目がかゆい。鼻が垂れる。頭がぼうっとして、次第に気持ちにも靄がかかる。春、好きだったのになあ。錠剤が苦手すぎて薬飲むこと自体が億劫な方なので、それ故に花粉の洗礼を直に受けている。
それにしても、医者からもらう目薬というのはすごい。市販のものと何が違うのかわからないけれど、スッと目から体に入ってくる感じがする。目で飲んでる感じ。あと染みない。それでいて効き目が長い。普段薬から縁遠い生活をしているから、この春に初めて実感した。ちなみに、この目薬は妻が病院でもらってきたものなので、僕のではない。人の目薬を借りて新しい発見をする。なんだかいやしい気もするけれど、知らない世界を知るきっかけというのは、外からやってくるものだったりする(と言い聞かせる)。
季節そのものに対して、どことなくものさびしさを感じるようになった。春に限らず、歳を重ねるに連れて季節を素直に喜べなくなっていく。夏はうだるような暑さに伏せ、秋はきたる冷え込みに心がきゅっとなる。冬は冬で雪に憂う気持ちを抱き、あたたかさを運んでくる春さえもなんだか嬉しくない。子どもの、何もかも新しくて鮮やかに映っていたあの頃。振り返れば、夏の暑さも冬の寒さも心から楽しんでいたのに、それがいつからか外の刺激を避けるように、箱に収まったような感覚がある。
昨年、絵の展示をしたときに「からっぽ」というタイトルを自分でつけた。その頃は、自分の内に何もない気がしていた。花を見て「楽しそう」とか、空を見て「高いな」とか、そういう琴線は昔からはっきりとある方だと思う。けれど時折、理由もなく胸の奥が真っ暗になって、琴線も何もないような感覚に陥って、しばしば不安になる。
からっぽな僕がする表現は身のあるものになるのか、そもそも表現をすること自体許されるのか。決して床に臥すくらい落ち込むわけではないけれど、どうにもこうにも、今にも未来にも光を感じられなくなる瞬間。けれどきっと、そのからっぽな瞬間があるからこそ、表現の根源的なエネルギーにつながっているのかもしれない。展示はそんなことを思いながら、ある少年が自分の内なる感情を探し、時に周りに教えてもらう小さな絵本に仕立て、イラストを抜き出して飾った。
「このからっぽで、何を味わおう。」
普段なら筆を持たないことを選んでしまう、そんなタイミングで、自分を受け入れてあげたくて形になった表現だったのだなと、絵本の最後の一文を読み返して思う。
朝、出勤までの道を少し遠回りして、近くにある小学校の横を通ってみる。8分咲きといった頃合いの桜の下を、子どもが駆けまわる。季節を胸いっぱい吸い込んで、体力の限り目一杯駆けまわっている。くったくのない遊びごころが羨ましい。きっとこの子たちは、自分の箱の形なんてまだ知らない。むしろ箱をつくるように、ただ素直に遊んでいる。

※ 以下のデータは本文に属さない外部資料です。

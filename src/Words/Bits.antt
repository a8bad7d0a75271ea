-- ===== src/Words/Bits.antt =====
-- `hi << k | lo` is a sum where `lo` fits `k` bits (utils/net/net_utils.c, utils/str/string_utils.c).
use Prim.Native.Nat.{max, digits, bit_or-bitwise}
use native.Mathlib.Nat.{le_refl, pow-suc}
use uvg_torrent.Base.{ℕ, zero, suc, ◌+◌, ◌*◌, ◌/◌, ◌%◌, ◌^◌, ◌≤◌, ◌<◌, bit_or, ◌≡◌, refl, ap, arith}

-- The digits of `a` and `b` are the same in any two numbers of rounds that are enough for `a`.
rounds_enough :
    (a b i j : ℕ) → a ≤ i → a ≤ j → digits (λ y. y) max i a b ≡ digits (λ y. y) max j a b
rounds_enough zero b zero zero below_i below_j = refl
rounds_enough zero b zero (suc j) below_i below_j = refl
rounds_enough zero b (suc i) zero below_i below_j = refl
rounds_enough zero b (suc i) (suc j) below_i below_j = refl
rounds_enough (suc a) b zero j below_i below_j = absurd (omega arith)
rounds_enough (suc a) b (suc i) zero below_i below_j = absurd (omega arith)
rounds_enough (suc a) b (suc i) (suc j) below_i below_j =
    omega (arith, rounds_enough (suc a / 2) (b / 2) i j (omega arith) (omega arith))

-- One binary digit at a time.
pub bit_or-halves : (a b : ℕ) → bit_or a b ≡ bit_or (a / 2) (b / 2) * 2 + max (a % 2) (b % 2)
bit_or-halves zero b = omega (arith, bit_or-bitwise 0 b, bit_or-bitwise 0 (b / 2))
bit_or-halves (suc a) b = omega (
  arith,
  bit_or-bitwise (suc a) b,
  bit_or-bitwise (suc a / 2) (b / 2),
  rounds_enough (suc a / 2) (b / 2) a (suc a / 2) (omega arith) (le_refl _),
)

bit_or-zero_below : (n a : ℕ) → a ≤ n → bit_or a 0 ≡ a
bit_or-zero_below zero zero h = refl
bit_or-zero_below zero (suc a) h = absurd (omega arith)
bit_or-zero_below (suc n) zero h = bit_or-zero_below n zero (omega arith)
bit_or-zero_below (suc n) (suc a) h =
    omega (arith, bit_or-halves (suc a) 0, bit_or-zero_below n (suc a / 2) (omega arith))

pub bit_or-shifted : (k hi lo : ℕ) → lo < 2 ^ k → bit_or (hi * 2 ^ k) lo ≡ hi * 2 ^ k + lo
bit_or-shifted zero hi lo h = ground (arith, bit_or-zero_below hi hi (le_refl _))
bit_or-shifted (suc k) hi lo h =
    let twice : hi * 2 ^ suc k ≡ 2 * (hi * 2 ^ k) =
      omega (arith, ap (λ (t : ℕ). hi * t) (pow-suc 2 k)) in
    ground (
      arith,
      twice,
      pow-suc 2 k,
      bit_or-halves (hi * 2 ^ suc k) lo,
      bit_or-shifted k hi (lo / 2) (omega (arith, pow-suc 2 k)),
    )
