-- ===== src/Net/Order.antt =====
-- The functions of utils/net/net_utils.c put a word into network order and back, on either host.
use uvg_torrent.Base.{
  ℕ, ◌+◌, ◌*◌, ◌/◌, ◌%◌, ◌^◌, ◌<◌, bit_or, ◌≡◌, refl, ap, ap₂, sym, ◌∙◌, true, false, reverse, ◌++◌,
  arith, ◌≡⟨◌⟩◌, ◌∎, reverse-append, reverse-reverse,
}
use uvg_torrent.Words.{
  Host, little, big, store, load, store_le, load_le, store_be, load_be, store-load, load-store,
  store_le-halves, store_le-load_le, length-store_be, store_be-Bytes, load_le-store_le,
}
use uvg_torrent.Words.Bits.{bit_or-shifted}
use uvg_torrent.Net.{
  little_endianess, libc_hton, htonll, htonl, htons, ntohll, ntohl, ntohs, byteswap64, libc_ntoh,
}

-- A 4-byte word on a little endian host: its network value has the reversed bytes.
swap4 : ℕ → ℕ
swap4 x = load_le (store_be 4 x)

libc_ntoh-swap4 : (x : ℕ) → libc_ntoh little 4 x ≡ swap4 x
unfolding libc_ntoh store load_be store_be swap4
libc_ntoh-swap4 x = refl

store-swap4 : (x : ℕ) → store_le 4 (swap4 x) ≡ store_be 4 x
unfolding swap4
store-swap4 x = store_le-load_le (store_be 4 x) 4 (length-store_be 4 x) (store_be-Bytes 4 x)

swap4-lt : (x : ℕ) → swap4 x < 2 ^ 32
unfolding swap4 store_be store_le load_le
swap4-lt x = omega arith

store_le-byteswap64 : (x : ℕ) → x < 2 ^ 64 → store_le 8 (byteswap64 little x) ≡ store_be 8 x
unfolding byteswap64
store_le-byteswap64 x h =
    let hi = x / 2 ^ 32 in
    let lo = x % 2 ^ 32 in
    let split : hi * 256 ^ 4 + lo ≡ x = omega arith in
    store_le 8 (byteswap64 little x)
    ≡⟨ ap (λ t. store_le 8 t)
        (ap₂ (λ u v. bit_or (u * 2 ^ 32) v) (libc_ntoh-swap4 lo) (libc_ntoh-swap4 hi)) ⟩
      store_le 8 (bit_or (swap4 lo * 2 ^ 32) (swap4 hi))
    ≡⟨ ap (λ t. store_le 8 t) (bit_or-shifted 32 (swap4 lo) (swap4 hi) (swap4-lt hi)) ⟩
      store_le 8 (swap4 lo * 256 ^ 4 + swap4 hi)
    ≡⟨ store_le-halves 4 4 (swap4 lo) (swap4 hi) (swap4-lt hi) ⟩
      store_le 4 (swap4 hi) ++ store_le 4 (swap4 lo)
    ≡⟨ ap₂ (λ u v. u ++ v) (store-swap4 hi) (store-swap4 lo) ⟩ store_be 4 hi ++ store_be 4 lo
    ≡⟨ store_be-halves hi lo (omega arith) ⟩ store_be 8 (hi * 256 ^ 4 + lo)
    ≡⟨ ap (λ t. store_be 8 t) split ⟩ store_be 8 x ∎
  where
    store_be-halves :
        (hi lo : ℕ) → lo < 256 ^ 4 → store_be 4 hi ++ store_be 4 lo ≡ store_be 8 (hi * 256 ^ 4 + lo)
    store_be-halves hi lo h =
        unfold store_be in
        sym (
          ap reverse (store_le-halves 4 4 hi lo h) ∙ reverse-append (store_le 4 lo) (store_le 4 hi))

little_endianess-little : little_endianess little ≡ true
unfolding little_endianess load load_le
little_endianess-little = refl

little_endianess-big : little_endianess big ≡ false
unfolding little_endianess load load_le load_be
little_endianess-big = refl

-- What a packet sends of `htonl(x)` is `x` in network order, on either host.
pub store-htonl : (host : Host) (x : ℕ) → store host 4 (htonl host x) ≡ store_be 4 x
unfolding htonl libc_hton
store-htonl little x =
    rw little_endianess-little
      (store-load little (store_be 4 x) 4 (length-store_be 4 x) (store_be-Bytes 4 x))
store-htonl big x = rw little_endianess-big (unfold store in refl)

pub store-htons : (host : Host) (x : ℕ) → store host 2 (htons host x) ≡ store_be 2 x
unfolding htons libc_hton
store-htons little x =
    rw little_endianess-little
      (store-load little (store_be 2 x) 2 (length-store_be 2 x) (store_be-Bytes 2 x))
store-htons big x = rw little_endianess-big (unfold store in refl)

-- What a packet sends of `htonll(x)` is the 64-bit word `x` in network order, on either host:
-- swapping the halves and the bytes of each half is swapping all eight bytes.
pub store-htonll : (host : Host) (x : ℕ) → x < 2 ^ 64 → store host 8 (htonll host x) ≡ store_be 8 x
unfolding htonll store
store-htonll little x h = rw little_endianess-little (store_le-byteswap64 x h)
store-htonll big x h = rw little_endianess-big refl

load_be-store_be : (k x : ℕ) → x < 256 ^ k → load_be (store_be k x) ≡ x
unfolding load_be store_be load store
load_be-store_be k x h = load-store big k x h

-- A word read from the bytes that a peer sent in network order is the word that the peer meant.
pub ntohl-load : (host : Host) (x : ℕ) → x < 2 ^ 32 → ntohl host (load host (store_be 4 x)) ≡ x
unfolding ntohl libc_ntoh
ntohl-load little x h =
    rw
      (
        little_endianess-little,
        store-load little (store_be 4 x) 4 (length-store_be 4 x) (store_be-Bytes 4 x),
      )
      (load_be-store_be 4 x h)
ntohl-load big x h = rw little_endianess-big (unfold load in load_be-store_be 4 x h)

pub ntohs-load : (host : Host) (x : ℕ) → x < 2 ^ 16 → ntohs host (load host (store_be 2 x)) ≡ x
unfolding ntohs libc_ntoh
ntohs-load little x h =
    rw
      (
        little_endianess-little,
        store-load little (store_be 2 x) 2 (length-store_be 2 x) (store_be-Bytes 2 x),
      )
      (load_be-store_be 2 x h)
ntohs-load big x h = rw little_endianess-big (unfold load in load_be-store_be 2 x h)

store_le-injective8 : (x y : ℕ) → x < 2 ^ 64 → y < 2 ^ 64 → store_le 8 x ≡ store_le 8 y → x ≡ y
store_le-injective8 x y p q e = sym (load_le-store_le 8 x p) ∙ ap load_le e ∙ load_le-store_le 8 y q

byteswap64-lt : (x : ℕ) → byteswap64 little x < 2 ^ 64
unfolding byteswap64
byteswap64-lt x =
    let hi = x / 2 ^ 32 in
    let lo = x % 2 ^ 32 in
    omega (
      arith,
      ap₂ (λ u v. bit_or (u * 2 ^ 32) v) (libc_ntoh-swap4 lo) (libc_ntoh-swap4 hi),
      bit_or-shifted 32 (swap4 lo) (swap4 hi) (swap4-lt hi),
      swap4-lt hi,
      swap4-lt lo,
    )

load_le-store_be8-lt : (x : ℕ) → load little (store_be 8 x) < 2 ^ 64
unfolding load store_be store_le load_le
load_le-store_be8-lt x = omega arith

swapped : (x : ℕ) → x < 2 ^ 64 → byteswap64 little (load little (store_be 8 x)) ≡ x
unfolding load store_be
swapped x h =
    let y = load little (store_be 8 x) in
    let small : y < 2 ^ 64 = load_le-store_be8-lt x in
    store_le-injective8 (byteswap64 little y) x (byteswap64-lt y) h (
      store_le-byteswap64 y small
      ∙ ap reverse (store_le-load_le (store_be 8 x) 8 (length-store_be 8 x) (store_be-Bytes 8 x))
      ∙ reverse-reverse (store_le 8 x))

-- What a packet received in network order is `x` again after `ntohll`, on either host, below 2^64.
pub ntohll-load : (host : Host) (x : ℕ) → x < 2 ^ 64 → ntohll host (load host (store_be 8 x)) ≡ x
unfolding ntohll
ntohll-load little x h = rw little_endianess-little (swapped x h)
ntohll-load big x h = rw little_endianess-big (unfold load in load_be-store_be 8 x h)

経験が増えれば増えるほど、自分の箱の大きさや形がわかってくる。大人はそうやって要領を得ていくものなのだろう。自分が「からっぽ」と感じられるということは、自分の箱の大きさを知っているという意味では経験を積んできた証なのかもしれない。けれど、要領ばかりよくなってはどんどん箱の中にとどまってしまうじゃないか。「からっぽ」な状態に惑わされずに、箱から飛び出す遊びごころ。青空のもと子どもが遊ぶ風景から、大切なことを教わった気がした。
季節のものさびしさを憂う前に、箱に収まる前に、もっと前のめりに童心にかえって楽しむことができたら。この春から、仕事も生活も、もっと無邪気に駆けまわってみようと思う。せっかくからっぽなのであれば。